Task requirements: The result should be an exact copy of the lines from the one with "(register-Freshens t _" through the last line of the data below, both included.

(Beginning of Input for this task)

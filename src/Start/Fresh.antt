-- ===== src/Start/Fresh.antt =====
-- What a started executor satisfies: its graph is complete, and nothing has run.
use taskrunner.Prelude.{
  ℕ, zero, suc, inl, inr, ◌+◌, ◌≡◌, subst, Option, none, some, List, [], ◌∷◌, arith, Option-cases,
}
use taskrunner.Task.{Task}
use taskrunner.TaskSet.{
  invalid, Context, TaskExecution, TaskSet, Build, add_dependent, add_all, register, add,
}

abbrev pub IsUntouched : Option TaskExecution → Type 0
IsUntouched none = Unit
IsUntouched (some e) = (e.state ≡ invalid) × (e.terminal_ch ≡ 0) × (e.pending_invalidations ≡ [])

-- No task of the set has run.
abbrev pub IsFresh : TaskSet → Type 0
IsFresh s = (t : ℕ) → IsUntouched (s t)

abbrev pub Freshens : Option (Build × List ℕ) → Type 0
Freshens none = Unit
Freshens (some (b, deps)) = IsFresh b.tasks

add_dependent-IsFresh : (self d : ℕ) (s : TaskSet) → IsFresh s → IsFresh (add_dependent self d s)
add_dependent-IsFresh self d s f u = ground (arith, f u, f d)

register-Freshens :
    (t : ℕ) (ctx : Context) (o : Option (Build × List ℕ)) → Freshens o → Freshens (register t ctx o)
register-Freshens t ctx none f = tt
register-Freshens t ctx (some (b, deps)) f = λ u. ground (arith, f u)

add_all-Freshens :
    (rec : Context → ℕ → Build → Option (Build × List ℕ))
    → ((ctx : Context) (t : ℕ) (b : Build) → IsFresh b.tasks → Freshens (rec ctx t b))
    → (ctx : Context) (self : ℕ) (ds acc : List ℕ) (b : Build) → IsFresh b.tasks
    → Freshens (add_all rec ctx self ds acc b)
unfolding add_all
add_all-Freshens rec h ctx self [] acc b f = f
add_all-Freshens rec h ctx self (d ∷ ds) acc b f = elim (Option-cases (rec ctx d b)) [
  | inl e ↦ rw (e, add_all) tt
  | inr ((b₁, deps), e) ↦
      rw (e, add_all)
        (add_all-Freshens rec h ctx self ds _ _
          (add_dependent-IsFresh self d b₁.tasks (subst Freshens e (h ctx d b f))))
]

pub add-Freshens :
    (definition : ℕ → Task) (fuel : ℕ) (ctx : Context) (t : ℕ) (b : Build)
    → IsFresh b.tasks
    → Freshens (add definition fuel ctx t b)
unfolding add
add-Freshens definition zero ctx t b f = tt
add-Freshens definition (suc fuel) ctx t b f = elim (Option-cases (b.tasks t)) [
  | inl e ↦
      rw (e, add)
        (register-Freshens t _ _ (
          add_all-Freshens (add definition fuel) (add-Freshens definition fuel) _ t
            (definition t).dependencies [] (record b { next_ctx = b.next_ctx + 1 }) f))
  | inr (x, e) ↦ rw (e, add) f
]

(End of Input for this task)

Worked solution:
        (register-Freshens t _ _ (
          add_all-Freshens (add definition fuel) (add-Freshens definition fuel) _ t
            (definition t).dependencies [] (record b { next_ctx = b.next_ctx + 1 }) f))
  | inr (x, e) ↦ rw (e, add) f
]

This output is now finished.